Tuduhan genosida selama ini dibantah keras oleh Israel dan para pendukungnya, termasuk Jerman dan Amerika Serikat. Irfan mengatakan, dia hanya berharap pada realita bahwa perang tidak mungkin berlangsung selamanya.
"Saya lebih berharap karena lamanya waktu, bukan karena pemerintahan AS yang baru. Saya hanya berpikir semakin lama ini berlangsung, saya percaya dan berharap akan ada perubahan yang akan terjadi," katanya.
Kabinet Pro-Israel di bawah Donald Trump
Ada suara-suara seperti dari Khalid Turaani, seorang aktivis Arab Amerika, yang memperingatkan bahwa situasi bagi orang-orang di Gaza dan orang-orang Arab di Amerika Serikat akan semakin buruk di bawah Trump.
Turaani merujuk pada pemilihan mantan Gubernur Arkansas Mike Huckabee sebagai duta besar untuk Israel. Huckabee pernah mengatakan bahwa"tidak ada yang namanya bangsa Palestina."
"Ketika dia menafikan bangsa Palestina, jika warga Palestina tidak ada, maka tidak ada genosida," kata Turaani. "Anda tidak dapat membunuh atau melakukan genosida terhadap sekelompok orang yang tidak ada. Saya pikir sepanjang sejarah ketika orang melakukan genosida, mereka menyangkal bahwa orang-orang itu ada."
Turaani mengatakan, dia juga khawatir tentang Trump yang memilih anggota kongres New York Elise Stefanik untuk menjadi duta besar AS untuk Perserikatan Bangsa-Bangsa. Masa kecil yang dihabiskan di sebuah kamp untuk pengungsi Palestina di Suriah telah membuat Turaani mewaspadai sikap Stefanik terhadap badan Perserikatan Bangsa-Bangsa untuk pengungsi Palestina, UNRWA.
Stefanik telah berulang kali menyatakan dukungannya terhadap keputusan Israel untuk menghentikan pendanaan UNRWA, dan meminta AS untuk melakukan hal yang sama, seperti yang dilakukan Trump pada tahun 2018.
"Nutrisi kami, makanan kami, ketika kami masih anak-anak di kamp pengungsi, berasal dari UNRWA. Pendidikan saya dari kelas satu hingga kelas sembilan berada di sekolah-sekolah yang didanai oleh UNRWA. Kami tidak punya apa-apa lagi," katanya. "Stefanik akan menindak PBB. Menggunakan kelaparan sebagai senjata perang akan dilanjutkan dengan seseorang seperti Stefanik."
Dalam minggu-minggu terakhir sebelum Trump kembali ke Gedung Putih, kedua pihak berlomba untuk mengamankan kesepakatan untuk memulangkan sandera Hamas dan gencatan senjata.
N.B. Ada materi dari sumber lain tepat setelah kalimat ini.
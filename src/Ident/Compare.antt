-- ===== src/Ident/Compare.antt =====
-- internal/util/ident: canonical forms and comparison. `strings.ToLower` goes by the tables of Unicode,
-- and is an argument.
use cdc_sink.Base.{
  ℕ, zero, suc, Bool, true, false, ◌&&◌, ◌||◌, Option, none, some, List, [], ◌∷◌, length, leb, eqb,
  nat_eq, list_eq, ◌==◌, if◌then◌else◌,
}
use cdc_sink.Base.Int.{ℤ, pos, negsuc, int_eq, ltb_ℤ}
use cdc_sink.Ident.{
  Text, Ident, ArrayKey, Schema, Table, Identifier, ident, schema, table, atom_raw, empty, split,
  compare_text, idents,
}

-- The test of the loop for one side, where none is a nil interface.
unfoldable pub is_blank : Option Identifier → Bool
unfolding empty
is_blank none = true
is_blank (some i) = empty i

-- The end of `Compare`.
unfoldable pub compare_ends : Option Identifier → Option Identifier → ℤ
unfolding is_blank
compare_ends a b = if is_blank a then (if is_blank b then pos 0 else negsuc 0) else pos 1

module _ (to_lower : Text → Text) where
  -- `Canonical`, and the field `lowered`.
  unfoldable pub canonical_ident : Ident → Ident
  canonical_ident none = none
  canonical_ident (some raw) = some (to_lower raw)

  -- The loop over the key stops at a nil.
  unfoldable pub lowered_key : ArrayKey → ArrayKey
  unfolding canonical_ident
  lowered_key key = elim key.first [
    | none ↦ record { first = none; second = none }
    | some a ↦ record { first = some (to_lower a); second = canonical_ident key.second }
  ]

  unfoldable pub canonical_schema : Schema → Schema
  unfolding lowered_key
  canonical_schema none = none
  canonical_schema (some key) = some (lowered_key key)

  unfoldable pub canonical_table : Table → Table
  unfolding canonical_schema canonical_ident
  canonical_table none = none
  canonical_table (some q) =
      some
        (record { namespace = canonical_schema q.namespace; terminal = canonical_ident q.terminal })

  unfoldable pub compare_parts : Ident → Ident → ℤ
  unfolding canonical_ident atom_raw compare_text
  compare_parts a b = compare_text (atom_raw (canonical_ident a)) (atom_raw (canonical_ident b))

  -- The loop of `Compare`; none is the panic of `Split`, or lack of fuel.
  unfoldable pub compare_loop : ℕ → Option Identifier → Option Identifier → Option ℤ
  unfolding is_blank compare_ends compare_parts split
  compare_loop zero a b = none
  compare_loop (suc fuel) none b = some (compare_ends none b)
  compare_loop (suc fuel) (some x) none = some (compare_ends (some x) none)
  compare_loop (suc fuel) (some x) (some y) =
      let further : Option ℤ = elim (split x) [
        | none ↦ none
        | some (part, rest) ↦ elim (split y) [
          | none ↦ none
          | some (part', rest') ↦
              let order = compare_parts part part' in
              if order == pos 0 then compare_loop fuel (some rest) (some rest') else some order
        ]
      ] in
      if is_blank (some x) || is_blank (some y)
      then some (compare_ends (some x) (some y))
      else further

  -- An identifier has at most three parts.
  unfoldable pub compare : Option Identifier → Option Identifier → Option ℤ
  unfolding compare_loop
  compare a b = compare_loop 4 a b

  unfoldable pub equal : Option Identifier → Option Identifier → Bool
  unfolding compare
  equal a b = elim (compare a b) [ none ↦ false | some order ↦ order == pos 0 ]

  -- `Idents.Equal`.
  unfoldable pub idents_equal : List Ident → List Ident → Bool
  unfolding equal
  idents_equal [] [] = true
  idents_equal [] (b ∷ o) = false
  idents_equal (a ∷ n) [] = false
  idents_equal (a ∷ n) (b ∷ o) = equal (some (ident a)) (some (ident b)) && idents_equal n o

  -- `Idents.Less`, by the two elements.
  unfoldable pub idents_less : Ident → Ident → Bool
  unfolding compare
  idents_less a b = elim (compare (some (ident a)) (some (ident b))) [
    | none ↦ false
    | some order ↦ ltb_ℤ order (pos 0)
  ]

  -- The loop of `Contains` over the parts of the schema.
  unfoldable pub is_prefix : List Ident → List Ident → Bool
  unfolding equal
  is_prefix [] parts = true
  is_prefix (s ∷ rest) [] = false
  is_prefix (s ∷ rest) (t ∷ parts) = equal (some (ident s)) (some (ident t)) && is_prefix rest parts

  unfoldable pub contains : Schema → Table → Bool
  unfolding is_prefix idents
  contains s t =
      let s_parts = idents (schema s) [] in
      let t_parts = idents (table t) [] in
      if eqb (length s_parts) 0
      then false
      else if leb (length t_parts) (length s_parts)
      then false
      else is_prefix s_parts t_parts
Proses negosiasi telah gagal berulang kali selama 14 bulan perang di Gaza.
Akhir dari penderitaan di Gaza akan disambut baik oleh warga keturunan Arab di Amerika Serikat, terlepas dari siapa yang berkuasa di Gedung Putih. Namun bagaimana kebijakan Trump akan berimbas pada Palestina, serta warga Arab dan muslim Amerika masih menjadi pertanyaan terbuka.